About this task: Repeat the stretch of entries below from the line with "length (write_file_at off bs file)" through the line with "length-write_file_at zero (b ∷ c ∷ bs) (x". Include both ends and add nothing.

-- -- --

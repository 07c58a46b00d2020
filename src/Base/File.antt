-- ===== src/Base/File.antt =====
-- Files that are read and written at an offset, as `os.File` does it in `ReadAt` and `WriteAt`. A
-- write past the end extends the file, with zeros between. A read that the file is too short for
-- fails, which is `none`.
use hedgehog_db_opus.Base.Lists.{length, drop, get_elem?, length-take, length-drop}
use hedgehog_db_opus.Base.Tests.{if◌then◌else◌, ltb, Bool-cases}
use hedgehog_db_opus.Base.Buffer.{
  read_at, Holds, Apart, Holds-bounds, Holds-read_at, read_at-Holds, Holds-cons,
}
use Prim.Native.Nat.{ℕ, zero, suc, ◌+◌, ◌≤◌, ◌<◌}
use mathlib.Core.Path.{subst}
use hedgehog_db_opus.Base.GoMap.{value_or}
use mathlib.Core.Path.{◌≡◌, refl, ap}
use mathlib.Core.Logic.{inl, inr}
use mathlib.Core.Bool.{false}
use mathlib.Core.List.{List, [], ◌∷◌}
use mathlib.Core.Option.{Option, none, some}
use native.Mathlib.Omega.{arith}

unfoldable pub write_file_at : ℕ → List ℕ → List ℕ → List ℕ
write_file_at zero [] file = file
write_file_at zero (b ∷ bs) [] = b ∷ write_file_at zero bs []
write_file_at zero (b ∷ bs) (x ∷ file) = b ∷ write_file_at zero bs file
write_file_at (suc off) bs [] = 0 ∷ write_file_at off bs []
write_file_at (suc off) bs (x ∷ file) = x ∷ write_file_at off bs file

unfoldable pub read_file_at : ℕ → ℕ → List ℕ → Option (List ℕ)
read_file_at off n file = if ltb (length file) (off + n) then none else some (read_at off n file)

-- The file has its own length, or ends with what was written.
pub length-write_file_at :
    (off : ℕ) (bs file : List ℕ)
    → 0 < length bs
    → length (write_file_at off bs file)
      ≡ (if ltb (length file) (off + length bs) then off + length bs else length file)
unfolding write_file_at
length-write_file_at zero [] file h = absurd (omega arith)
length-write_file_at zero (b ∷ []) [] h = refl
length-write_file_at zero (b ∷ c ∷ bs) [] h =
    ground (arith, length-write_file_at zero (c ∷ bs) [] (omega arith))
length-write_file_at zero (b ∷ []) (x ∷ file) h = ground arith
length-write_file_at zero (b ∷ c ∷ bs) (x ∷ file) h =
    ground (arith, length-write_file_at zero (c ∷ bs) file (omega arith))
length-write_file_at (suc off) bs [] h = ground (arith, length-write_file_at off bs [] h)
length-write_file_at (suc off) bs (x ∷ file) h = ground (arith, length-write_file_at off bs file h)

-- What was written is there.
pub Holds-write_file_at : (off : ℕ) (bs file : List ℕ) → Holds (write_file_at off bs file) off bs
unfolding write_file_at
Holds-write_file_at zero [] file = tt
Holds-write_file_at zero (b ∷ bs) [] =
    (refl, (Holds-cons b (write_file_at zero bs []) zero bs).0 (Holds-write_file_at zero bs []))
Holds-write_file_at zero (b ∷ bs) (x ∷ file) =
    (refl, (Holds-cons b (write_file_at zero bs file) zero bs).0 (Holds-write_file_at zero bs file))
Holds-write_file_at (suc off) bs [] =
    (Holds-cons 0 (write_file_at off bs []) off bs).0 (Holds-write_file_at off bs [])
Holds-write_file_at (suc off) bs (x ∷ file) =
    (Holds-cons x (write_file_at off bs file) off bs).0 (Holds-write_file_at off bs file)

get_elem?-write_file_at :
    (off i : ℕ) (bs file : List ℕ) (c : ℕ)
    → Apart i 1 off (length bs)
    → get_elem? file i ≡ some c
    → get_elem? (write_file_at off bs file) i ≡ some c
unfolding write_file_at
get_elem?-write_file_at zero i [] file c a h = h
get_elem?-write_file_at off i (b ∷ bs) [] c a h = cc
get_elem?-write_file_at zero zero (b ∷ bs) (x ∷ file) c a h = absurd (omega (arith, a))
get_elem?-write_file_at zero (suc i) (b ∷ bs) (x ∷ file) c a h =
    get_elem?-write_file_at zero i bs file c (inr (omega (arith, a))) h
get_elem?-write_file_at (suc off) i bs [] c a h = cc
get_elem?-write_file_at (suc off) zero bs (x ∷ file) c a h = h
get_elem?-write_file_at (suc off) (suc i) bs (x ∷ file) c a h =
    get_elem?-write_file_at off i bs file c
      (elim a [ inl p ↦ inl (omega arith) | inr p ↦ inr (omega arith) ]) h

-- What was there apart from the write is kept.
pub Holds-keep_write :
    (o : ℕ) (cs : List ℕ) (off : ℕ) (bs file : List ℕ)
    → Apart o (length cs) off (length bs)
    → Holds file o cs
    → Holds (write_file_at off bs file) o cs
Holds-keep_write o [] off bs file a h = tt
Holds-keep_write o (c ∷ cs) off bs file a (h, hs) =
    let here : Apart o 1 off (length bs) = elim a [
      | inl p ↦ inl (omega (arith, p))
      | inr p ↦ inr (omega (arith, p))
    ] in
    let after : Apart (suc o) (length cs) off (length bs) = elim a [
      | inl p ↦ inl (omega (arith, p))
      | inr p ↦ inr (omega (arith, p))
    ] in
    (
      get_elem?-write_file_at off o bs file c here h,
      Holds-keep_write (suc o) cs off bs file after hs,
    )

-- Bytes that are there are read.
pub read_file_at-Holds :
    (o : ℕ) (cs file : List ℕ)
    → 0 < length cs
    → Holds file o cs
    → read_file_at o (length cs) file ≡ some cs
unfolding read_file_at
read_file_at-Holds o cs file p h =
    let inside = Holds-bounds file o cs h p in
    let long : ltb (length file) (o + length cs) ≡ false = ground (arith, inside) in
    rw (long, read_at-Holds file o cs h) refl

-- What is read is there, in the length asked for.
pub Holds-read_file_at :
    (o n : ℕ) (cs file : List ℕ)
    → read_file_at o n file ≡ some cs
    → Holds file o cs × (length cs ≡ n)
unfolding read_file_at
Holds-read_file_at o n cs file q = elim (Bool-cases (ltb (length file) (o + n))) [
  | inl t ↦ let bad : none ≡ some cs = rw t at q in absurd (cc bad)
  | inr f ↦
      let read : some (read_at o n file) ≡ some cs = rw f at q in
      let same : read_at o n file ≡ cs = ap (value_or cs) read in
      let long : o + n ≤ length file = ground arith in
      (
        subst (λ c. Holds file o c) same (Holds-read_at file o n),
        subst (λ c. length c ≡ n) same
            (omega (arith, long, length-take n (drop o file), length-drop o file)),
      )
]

-- -- --

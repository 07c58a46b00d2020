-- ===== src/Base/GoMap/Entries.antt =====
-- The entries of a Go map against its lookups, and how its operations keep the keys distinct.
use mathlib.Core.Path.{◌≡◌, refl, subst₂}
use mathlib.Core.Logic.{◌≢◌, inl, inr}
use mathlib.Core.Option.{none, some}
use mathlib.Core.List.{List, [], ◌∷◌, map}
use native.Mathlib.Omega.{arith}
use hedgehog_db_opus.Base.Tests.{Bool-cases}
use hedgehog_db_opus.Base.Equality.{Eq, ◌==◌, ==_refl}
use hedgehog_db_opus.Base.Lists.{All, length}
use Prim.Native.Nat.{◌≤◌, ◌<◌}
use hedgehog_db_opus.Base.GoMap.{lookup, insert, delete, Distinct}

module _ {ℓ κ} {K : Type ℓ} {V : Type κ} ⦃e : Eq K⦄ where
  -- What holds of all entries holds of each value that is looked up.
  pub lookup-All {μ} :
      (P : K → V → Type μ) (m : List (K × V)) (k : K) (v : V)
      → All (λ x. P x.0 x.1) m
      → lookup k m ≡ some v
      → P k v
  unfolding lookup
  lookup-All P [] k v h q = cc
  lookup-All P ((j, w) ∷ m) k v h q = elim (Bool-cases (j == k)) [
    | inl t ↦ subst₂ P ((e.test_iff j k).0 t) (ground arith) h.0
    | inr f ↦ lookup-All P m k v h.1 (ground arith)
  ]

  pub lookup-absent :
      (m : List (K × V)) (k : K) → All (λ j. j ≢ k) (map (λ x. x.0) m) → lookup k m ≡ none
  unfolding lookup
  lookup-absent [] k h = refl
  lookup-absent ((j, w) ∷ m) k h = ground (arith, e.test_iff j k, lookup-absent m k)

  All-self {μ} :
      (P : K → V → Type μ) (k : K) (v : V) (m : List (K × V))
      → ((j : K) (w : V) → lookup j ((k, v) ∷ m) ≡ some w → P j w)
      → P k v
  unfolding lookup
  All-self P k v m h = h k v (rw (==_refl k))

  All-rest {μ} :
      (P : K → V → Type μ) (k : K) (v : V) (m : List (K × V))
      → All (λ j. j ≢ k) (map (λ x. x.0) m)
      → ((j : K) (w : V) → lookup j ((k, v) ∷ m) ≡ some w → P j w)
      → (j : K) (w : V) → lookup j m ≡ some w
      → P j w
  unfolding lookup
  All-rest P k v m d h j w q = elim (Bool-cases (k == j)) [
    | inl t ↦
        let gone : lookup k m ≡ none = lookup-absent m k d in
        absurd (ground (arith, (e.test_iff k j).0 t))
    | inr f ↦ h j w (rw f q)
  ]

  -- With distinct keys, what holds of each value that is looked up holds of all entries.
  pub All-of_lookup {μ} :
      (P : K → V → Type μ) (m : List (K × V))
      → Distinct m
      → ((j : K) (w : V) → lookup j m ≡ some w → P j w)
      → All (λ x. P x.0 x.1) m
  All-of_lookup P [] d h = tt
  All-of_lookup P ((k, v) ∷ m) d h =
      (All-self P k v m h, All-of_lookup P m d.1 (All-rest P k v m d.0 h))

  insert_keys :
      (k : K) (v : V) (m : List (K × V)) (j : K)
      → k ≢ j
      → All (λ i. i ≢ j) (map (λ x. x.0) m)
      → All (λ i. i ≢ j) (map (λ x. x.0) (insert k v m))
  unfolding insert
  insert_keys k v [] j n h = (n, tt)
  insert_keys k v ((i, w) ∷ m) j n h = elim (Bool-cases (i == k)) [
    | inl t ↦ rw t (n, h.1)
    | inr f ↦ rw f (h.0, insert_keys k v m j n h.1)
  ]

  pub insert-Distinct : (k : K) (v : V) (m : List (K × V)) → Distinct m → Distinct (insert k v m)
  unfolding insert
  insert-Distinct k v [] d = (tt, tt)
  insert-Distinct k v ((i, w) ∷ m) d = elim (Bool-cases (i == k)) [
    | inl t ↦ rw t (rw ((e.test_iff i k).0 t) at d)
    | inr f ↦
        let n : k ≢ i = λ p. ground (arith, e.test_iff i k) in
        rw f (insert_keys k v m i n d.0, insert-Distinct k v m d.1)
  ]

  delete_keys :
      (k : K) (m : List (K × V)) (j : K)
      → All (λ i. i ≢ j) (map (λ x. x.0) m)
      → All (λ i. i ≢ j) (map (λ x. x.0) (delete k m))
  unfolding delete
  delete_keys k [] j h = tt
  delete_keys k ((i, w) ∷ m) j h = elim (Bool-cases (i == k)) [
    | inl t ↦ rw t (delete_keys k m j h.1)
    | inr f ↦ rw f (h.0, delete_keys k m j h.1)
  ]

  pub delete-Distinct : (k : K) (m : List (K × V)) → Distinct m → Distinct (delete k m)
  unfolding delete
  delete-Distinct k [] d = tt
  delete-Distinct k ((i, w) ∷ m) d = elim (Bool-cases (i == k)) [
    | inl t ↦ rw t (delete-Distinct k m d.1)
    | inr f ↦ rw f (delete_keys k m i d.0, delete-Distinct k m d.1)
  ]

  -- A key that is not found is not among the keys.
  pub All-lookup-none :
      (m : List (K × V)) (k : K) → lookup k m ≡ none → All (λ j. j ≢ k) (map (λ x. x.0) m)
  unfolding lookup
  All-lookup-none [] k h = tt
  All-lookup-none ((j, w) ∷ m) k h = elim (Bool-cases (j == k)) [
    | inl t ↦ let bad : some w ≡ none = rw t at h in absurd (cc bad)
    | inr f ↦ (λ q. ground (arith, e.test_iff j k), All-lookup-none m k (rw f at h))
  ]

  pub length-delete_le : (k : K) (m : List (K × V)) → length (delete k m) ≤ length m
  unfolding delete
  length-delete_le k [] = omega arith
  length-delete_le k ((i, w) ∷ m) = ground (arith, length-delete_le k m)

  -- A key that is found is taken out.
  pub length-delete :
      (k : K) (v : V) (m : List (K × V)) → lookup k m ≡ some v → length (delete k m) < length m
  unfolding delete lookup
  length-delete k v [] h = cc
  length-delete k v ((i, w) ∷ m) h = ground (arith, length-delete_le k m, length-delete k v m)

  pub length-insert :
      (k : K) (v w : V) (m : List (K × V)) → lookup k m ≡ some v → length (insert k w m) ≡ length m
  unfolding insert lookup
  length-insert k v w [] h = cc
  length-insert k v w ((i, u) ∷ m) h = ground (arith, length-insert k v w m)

-- -- --

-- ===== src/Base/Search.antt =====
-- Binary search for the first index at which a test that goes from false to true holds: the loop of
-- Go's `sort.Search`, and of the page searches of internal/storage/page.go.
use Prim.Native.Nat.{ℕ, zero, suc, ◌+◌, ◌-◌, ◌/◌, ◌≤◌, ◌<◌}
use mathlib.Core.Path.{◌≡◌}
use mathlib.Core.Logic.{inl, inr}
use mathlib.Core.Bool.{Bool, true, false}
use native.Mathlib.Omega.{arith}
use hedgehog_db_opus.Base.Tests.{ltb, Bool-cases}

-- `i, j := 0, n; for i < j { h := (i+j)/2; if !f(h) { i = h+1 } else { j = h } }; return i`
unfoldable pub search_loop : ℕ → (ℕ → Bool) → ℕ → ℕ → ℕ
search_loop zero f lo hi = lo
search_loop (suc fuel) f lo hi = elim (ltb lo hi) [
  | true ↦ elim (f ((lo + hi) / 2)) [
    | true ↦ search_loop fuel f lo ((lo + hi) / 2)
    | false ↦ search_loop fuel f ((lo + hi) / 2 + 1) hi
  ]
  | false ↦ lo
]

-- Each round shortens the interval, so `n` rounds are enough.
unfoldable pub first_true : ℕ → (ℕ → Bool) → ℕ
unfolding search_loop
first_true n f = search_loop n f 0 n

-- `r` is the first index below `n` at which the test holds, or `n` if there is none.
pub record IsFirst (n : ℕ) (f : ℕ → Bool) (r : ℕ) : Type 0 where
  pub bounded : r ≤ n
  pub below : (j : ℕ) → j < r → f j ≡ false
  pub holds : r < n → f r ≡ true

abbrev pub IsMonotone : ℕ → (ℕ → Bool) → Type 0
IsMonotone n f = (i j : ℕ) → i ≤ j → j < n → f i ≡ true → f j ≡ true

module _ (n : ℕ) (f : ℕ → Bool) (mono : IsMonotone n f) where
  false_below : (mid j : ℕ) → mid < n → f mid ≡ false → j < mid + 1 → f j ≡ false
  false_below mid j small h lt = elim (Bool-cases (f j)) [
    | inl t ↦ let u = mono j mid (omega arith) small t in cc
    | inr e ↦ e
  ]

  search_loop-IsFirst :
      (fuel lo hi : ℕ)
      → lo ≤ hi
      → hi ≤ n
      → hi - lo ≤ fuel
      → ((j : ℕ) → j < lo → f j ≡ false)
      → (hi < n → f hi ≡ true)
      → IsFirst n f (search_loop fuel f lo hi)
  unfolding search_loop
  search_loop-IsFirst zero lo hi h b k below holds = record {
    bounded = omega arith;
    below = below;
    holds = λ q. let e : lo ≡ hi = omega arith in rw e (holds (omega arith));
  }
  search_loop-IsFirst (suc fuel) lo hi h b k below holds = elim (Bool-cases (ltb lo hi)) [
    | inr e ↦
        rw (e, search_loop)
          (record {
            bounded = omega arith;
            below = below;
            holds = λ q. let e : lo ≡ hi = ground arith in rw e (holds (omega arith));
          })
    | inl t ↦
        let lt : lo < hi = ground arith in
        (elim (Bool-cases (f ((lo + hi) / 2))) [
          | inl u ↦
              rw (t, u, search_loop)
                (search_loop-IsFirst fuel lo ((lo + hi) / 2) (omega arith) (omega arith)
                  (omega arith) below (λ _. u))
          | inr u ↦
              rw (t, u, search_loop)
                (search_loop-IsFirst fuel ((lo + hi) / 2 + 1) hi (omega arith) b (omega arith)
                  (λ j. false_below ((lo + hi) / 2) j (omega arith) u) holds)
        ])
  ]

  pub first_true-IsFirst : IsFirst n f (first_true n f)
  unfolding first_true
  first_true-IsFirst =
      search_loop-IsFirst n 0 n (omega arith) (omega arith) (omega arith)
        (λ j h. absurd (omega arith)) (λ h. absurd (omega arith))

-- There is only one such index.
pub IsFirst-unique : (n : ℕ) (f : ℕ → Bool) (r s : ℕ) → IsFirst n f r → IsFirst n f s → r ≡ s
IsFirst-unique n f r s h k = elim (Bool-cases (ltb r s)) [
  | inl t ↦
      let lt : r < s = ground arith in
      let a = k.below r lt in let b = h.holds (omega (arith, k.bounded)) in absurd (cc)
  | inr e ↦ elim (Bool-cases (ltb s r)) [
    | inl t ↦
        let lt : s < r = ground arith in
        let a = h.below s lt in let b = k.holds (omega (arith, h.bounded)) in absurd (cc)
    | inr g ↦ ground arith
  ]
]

-- -- --

Result for this task:
    → length (write_file_at off bs file)
      ≡ (if ltb (length file) (off + length bs) then off + length bs else length file)
unfolding write_file_at
length-write_file_at zero [] file h = absurd (omega arith)
length-write_file_at zero (b ∷ []) [] h = refl
length-write_file_at zero (b ∷ c ∷ bs) [] h =
    ground (arith, length-write_file_at zero (c ∷ bs) [] (omega arith))
length-write_file_at zero (b ∷ []) (x ∷ file) h = ground arith
length-write_file_at zero (b ∷ c ∷ bs) (x ∷ file) h =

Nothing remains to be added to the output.